Atena Startup Battle 2020 lancio

18 tappe in Italia

La Atena Startup Battle è promossa da TMP Group, Studio Legale Gattai, Minoli, Agostinelli e Partners, 200Crowd e Talent Garden. L'evento finale, inizialmente previsto l'11 giugno al Talent Garden Calabiana di Milano, è stato spostato al 1 ottobre, sempre al TG Calabiana. Le startup possono candidarsi fino al 1 settembre, gratuitamente. L'evento finale offrirà a 20 startup selezionate l’occasione di sfidarsi a suon di “pitch” per presentare il proprio progetto e aggiudicarsi il premio finale del valore di 50mila euro in servizi di consulenza in ambito legale, di comunicazione, networking digitale, e di investimenti in equity crowdfunding.

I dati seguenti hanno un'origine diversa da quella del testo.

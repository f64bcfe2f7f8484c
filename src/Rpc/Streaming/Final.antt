-- ===== src/Rpc/Streaming/Final.antt =====
-- A streaming response behind its error (rupicolarpc/streaming.go).
use rupicola_go.Base.{Bytes, [], ◌∷◌, length, true, false, refl, none, some, ◌≡◌, arith}
use rupicola_go.Base.Int.{pos}
use rupicola_go.Rpc.Value.{Any, GoError, version20s}
use rupicola_go.Rpc.Errors.{new_error_ex}
use rupicola_go.Rpc.Limit.{Outcome, ◌or_return◌}
use rupicola_go.Rpc.Base.{Env, max_response}
use rupicola_go.Rpc.Streaming.{
  Streaming, eof, write, close, set_response_result, set_response_error, finish_error, commit, send,
}

length-eq-nil : (s : Bytes) → length s ≡ 0 → s ≡ []
length-eq-nil [] h = refl
length-eq-nil (c ∷ s) h = ground arith

module _ (E : Env) where
  -- Nothing more is sent.
  pub record IsFinal (b : Streaming E.Sink) : Type 0 where
    pub written : (p : Bytes) → write E p b ≡ record { n = 0; err = some eof; sink = b }
    pub closed : close E b ≡ (none, b)
    pub result_set : (r : Any) → set_response_result E r b ≡ (none, b)
    pub error_set : (e : GoError) → set_response_error E e b ≡ (none, b)

  closed-IsFinal : (b : Streaming E.Sink) → b.is_closed ≡ true → b.buffer ≡ [] → IsFinal b
  unfolding set_response_error write close set_response_result commit
  closed-IsFinal b h k = record {
    written = λ p. ground arith;
    closed = ground arith;
    result_set = λ r. ground arith;
    error_set = λ e. ground arith;
  }

  commit-empties : (b : Streaming E.Sink) → (commit E b).1.buffer ≡ []
  unfolding commit send
  commit-empties b = ground (arith, length-eq-nil b.buffer)

  finish_error-closed :
      (r : Outcome (Streaming E.Sink))
      → r.1.is_closed ≡ true
      → r.1.buffer ≡ []
      → ((finish_error E r).1.is_closed ≡ true) × ((finish_error E r).1.buffer ≡ [])
  unfolding finish_error close commit
  finish_error-closed (none, b) h k = ground arith
  finish_error-closed (some e, b) h k = ground arith

  -- The object of the error, behind what waited.
  abbrev send_error : GoError → Streaming E.Sink → Outcome (Streaming E.Sink)
  send_error e b = finish_error E (
      send E (new_error_ex e b.base.id version20s)
        (record b { base = max_response (pos 0) b.base; is_closed = true }))

  set_response_error_open :
      (e : GoError) (b : Streaming E.Sink)
      → b.is_closed ≡ false
      → set_response_error E e b ≡ (commit E b or_return send_error e)
  unfolding set_response_error
  set_response_error_open e b h = ground arith

  send_error-IsFinal :
      (e : GoError) (b : Streaming E.Sink) → b.buffer ≡ [] → IsFinal (send_error e b).1
  unfolding send
  send_error-IsFinal e b h =
      let (closed, empty) =
        finish_error-closed
          (send E (new_error_ex e b.base.id version20s)
            (record b { base = max_response (pos 0) b.base; is_closed = true }))
          refl h in
      closed-IsFinal (send_error e b).1 closed empty

  send_error-after :
      (e : GoError) (m : Outcome (Streaming E.Sink))
      → m.1.buffer ≡ []
      → (m or_return send_error e).0 ≡ none
      → IsFinal (m or_return send_error e).1
  send_error-after e (none, b) h k = send_error-IsFinal e b h
  send_error-after e (some err, b) h k = ground arith

  -- After SetResponseError succeeded on an open streaming response, writes report EOF and change
  -- nothing, and results, errors and Close change nothing and report no error.
  pub set_response_error-IsFinal :
      (e : GoError) (b : Streaming E.Sink)
      → b.is_closed ≡ false
      → (set_response_error E e b).0 ≡ none
      → IsFinal (set_response_error E e b).1
  set_response_error-IsFinal e b h =
      rw (set_response_error_open e b h) (send_error-after e (commit E b) (commit-empties b))
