-- ===== src/Rpc/Streaming/Whole.antt =====
-- What `Write` sends against its input (rupicolarpc/streaming.go).
use rupicola_go.Base.{false, ◌≤◌, ◌<◌, length, ◌∙◌, arith, Bytes, List, ◌++◌, ◌≡◌, All}
use rupicola_go.Rpc.Base.{Env}
use rupicola_go.Rpc.Streaming.{Streaming, write, write_header, write_body}
use rupicola_go.Rpc.Streaming.Lines.{
  cut, joined, joined-cut, NoNewline, cut-NoNewline, outcome, deliver,
}
use rupicola_go.Rpc.Streaming.Chunks.{deliver_chunks, Cut, Sends, Sends-any}
use rupicola_go.Rpc.Streaming.Append.{IsOpen, write-eq-deliver}

-- In line mode behind the header, a write sends objects whose lines, each with a line end, and what
-- then waits in the buffer are together what waited before and the bytes written, in order; no line
-- has a line end in it. What waited had none either.
pub write_lines_whole :
    (E : Env) (p : Bytes) (b : Streaming E.Sink)
    → IsOpen E b
    → NoNewline b.buffer
    → (ls : List Bytes) × (rest : Bytes) × (outcome (write E p b) ≡ deliver E ls rest b)
      × (joined ls rest ≡ b.buffer ++ p)
      × All NoNewline ls
      × NoNewline rest
write_lines_whole E p b h k =
    let (ls, rest) = cut b.buffer p in
    let (hs, hr) = cut-NoNewline b.buffer p k in
    (ls, rest, write-eq-deliver E p b h, joined-cut b.buffer p, hs, hr)

write-body :
    (E : Env) (p : Bytes) (b : Streaming E.Sink)
    → b.is_closed ≡ false
    → b.first_write ≡ false
    → outcome (write E p b) ≡ outcome (write_body E p b)
unfolding write write_header
write-body E p b h k = ground arith

-- In chunk mode behind the header, a write sends chunks of exactly the chunk size, and what then
-- waits in the buffer is at most a chunk; together they are what waited before and the bytes
-- written, in order. What waited was at most a chunk.
pub write_chunks_whole :
    (E : Env) (p : Bytes) (b : Streaming E.Sink)
    → b.is_closed ≡ false
    → b.first_write ≡ false
    → 0 < b.chunk_size
    → length b.buffer ≤ b.chunk_size
    → (cs : List Bytes) × (rest : Bytes) × (outcome (write E p b) ≡ deliver_chunks E cs rest b)
      × Cut E b.chunk_size (b.buffer ++ p) cs rest
unfolding Sends
write_chunks_whole E p b h k l held =
    let (cs, rest, same, cut) = Sends-any E b.buffer p b l held in
    (cs, rest, write-body E p b h k ∙ same, cut)
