-- ===== src/Lib.antt =====
-- bringauto module-gateway: a gateway between the devices of a vehicle (internal clients) and
-- external servers.
--
-- A device connects over TCP to the InternalServer, which cuts the received bytes into messages,
-- keeps one connection per device, and passes messages on through a queue. The ModuleHandler takes
-- them: it looks up the module of the device, adds each status to the module's StatusAggregator,
-- answers with a command through a second queue, and passes aggregated statuses on to the external
-- client through a third. The external client sends them to the external servers; commands that
-- come back go to the StatusAggregator. The external client has a connection per server, which it
-- makes by a connect sequence and makes again when it ends; what could not be sent is kept by the
-- ErrorAggregator. At the start the settings are parsed, and the libraries of their modules
-- loaded.
--
-- Which file models which part (paths are those of the repository):
--
--   Common                   Boolean tests, lists, and Dict, a map up to an equivalence of keys
--   Structures/Device        source/bringauto/structures/DeviceIdentification.cpp
--   Structures/DeviceState   source/bringauto/structures/StatusAggregatorDeviceState.cpp
--   Structures/ThreadTimer   source/bringauto/structures/ThreadTimer.cpp
--   Structures/Buffer, Constants, Messages, Module
--                            include/bringauto/modules/Buffer.hpp, settings/Constants.hpp,
--                            structures/InternalClientMessage.hpp and ModuleHandlerMessage.hpp,
--                            common_utils/ProtobufUtils.cpp, and the interface
--                            modules/IModuleManagerLibraryHandler.hpp
--   StatusAggregator         source/bringauto/modules/StatusAggregator.cpp
--   InternalServer/Framing   source/bringauto/internal_server/InternalServer.cpp: the method
--                            processBufferData
--   InternalServer/Connections
--                            the same file: the connected devices, handleMessage, the responses
--   ModuleHandler            source/bringauto/modules/ModuleHandler.cpp: handleStatus,
--                            handleDisconnect, handleConnect, handleCommandForward; in Timeouted and
--                            Loops checkTimeoutedMessages, in Dispatch and Loops the rounds of
--                            handleMessages and handleCommandForwards, and destroy
--   ExternalClient/ErrorAggregator
--                            source/bringauto/external_client/ErrorAggregator.cpp
--   ExternalClient/SentMessages
--                            source/bringauto/external_client/connection/messages
--   ExternalClient/Connection
--                            source/bringauto/external_client/connection/ExternalConnection.cpp:
--                            Sequence has the connect sequence, Commands the receiving loop
--   ExternalClient/Client    source/bringauto/external_client/ExternalClient.cpp: ConnectSequence
--                            has startExternalConnectSequence and handleAggregatedMessages
--   Settings                 source/bringauto/settings/SettingsParser.cpp and
--                            source/bringauto/common_utils/EnumUtils.cpp
--   ExternalClient/Mqtt      source/bringauto/external_client/connection/communication/
--                            MqttCommunication.cpp
--   ExternalClient/Quic      QuicCommunication.cpp beside it: Queues has the two queues, Streams the
--                            streams and their send buffers, Handles the handles of MsQuic
--   ExternalClient/Dummy     DummyCommunication.cpp beside it
--   Settings/QuicSettings    source/bringauto/settings/QuicSettingsParser.cpp
--   ModuleLibrary            source/bringauto/structures/ModuleLibrary.cpp; in Local and Async
--                            source/bringauto/modules/ModuleManagerLibraryHandlerLocal.cpp and
--                            ModuleManagerLibraryHandlerAsync.cpp
--   Gateway                  main.cpp: the server and the module handler with the two queues
--                            that join them
--   Tests                    sample values, and the theorems applied to them
--
-- An operation of the model has the name of the method in snake case. It takes the state and
-- returns the new one with its result; a method that holds a mutex throughout is one step. A call
-- that may throw returns an Outcome. The functions of a module's library, which is no part of the
-- repository, are the fields of the record ModuleLibraryHandler. The protobuf messages, which are
-- generated, are records of the fields that the gateway reads, and protobuf's parser is the
-- argument `parse`. Time is an argument, in seconds, and an event of the io context (a timer, a
-- posted handler, a receive) is a call of its own, so that a run is any order of them.
-- StatusAggregator.Calls, InternalServer.Connections.System and ExternalClient.SentMessages.Ending
-- are these runs. The status aggregator locks each of its methods by itself: handleStatus is given
-- the calls that other threads make of it in between (the record Others of ModuleHandler). The
-- other handlers of the ModuleHandler run without calls in between, and Gateway has handleStatus
-- without them too. The library of a module is one that throws nothing and allocates what it
-- answers OK.
--
-- Numbers are natural numbers. In the framing a header is four bytes, read as an unsigned number
-- of 32 bits, least significant byte first, and `size_sub` is subtraction of 64 bits. The
-- recursion of processBufferData runs on fuel, `none` where it runs out; more fuel than bytes
-- received is enough, since each round takes at least one byte. The drain of a device's messages
-- in checkTimeoutedMessages runs on fuel too, for which one more than the number of messages is
-- enough.
--
-- A connection to an external server talks through a channel, the interface ICommunicationChannel.
-- The record Channel has what the channel answers to the calls to come: the messages it will
-- receive, the results of sendMessage and initializeConnection; and what was sent. MQTT is such a
-- channel. The random session id is an argument. In the external client a connection is named by
-- its position. A loop that waits for the queue runs over rounds, each with what arrives before it
-- looks, and the end of the rounds is a stopped io context; a connection's pushes to the shared
-- queues are collected from it. While a connection is made on its own thread, the queue is
-- drained; the model takes these statuses before the messages of the connect sequence, and
-- Connection/ConnectedDevices/Losing has one that is taken after them. The configuration file
-- stands as the record of the values that the parser takes from it, and the JSON library, the
-- conversions of numbers and letters, the file system and the regular expression for names are
-- parameters.
--
-- Not modelled: of the QUIC transport the contents of the configuration and of the credential;
-- MsQuic's results and events are arguments. A module stands in one table with its library and its
-- aggregator. Numbers of modules are not negative. Logging and text conversions are left out
-- everywhere.
pub mod Common
pub mod Structures
pub mod StatusAggregator
pub mod InternalServer
pub mod ModuleHandler
pub mod ExternalClient
pub mod Settings
pub mod ModuleLibrary
pub mod Gateway
pub mod Tests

L’emergenza corona virus ha anche anticipato la fine del roadshow di presentazione che ha toccato alcune tra le più importanti città italiane, dando a tutte le startup intervenute l'opportunità di conoscere la battle, condividere la propria idea imprenditoriale e formarsi. Sarà però possibile seguire in streaming la tappa dell’8 aprile, aperta a tutti per farsi conoscere e scoprire di più su come candidarsi.

20 finaliste: 1 la sceglie "il popolo"

Gli organizzatori si aspettano un migliaio di candidature, da cui selezionare le 20 finaliste. La scelta toccherà a una giuria "di qualità", a cui si affiancherà una "giuria popolare" con un voto online per recuperare progetti scartati dai giurati ma che piacciono al "crowd". 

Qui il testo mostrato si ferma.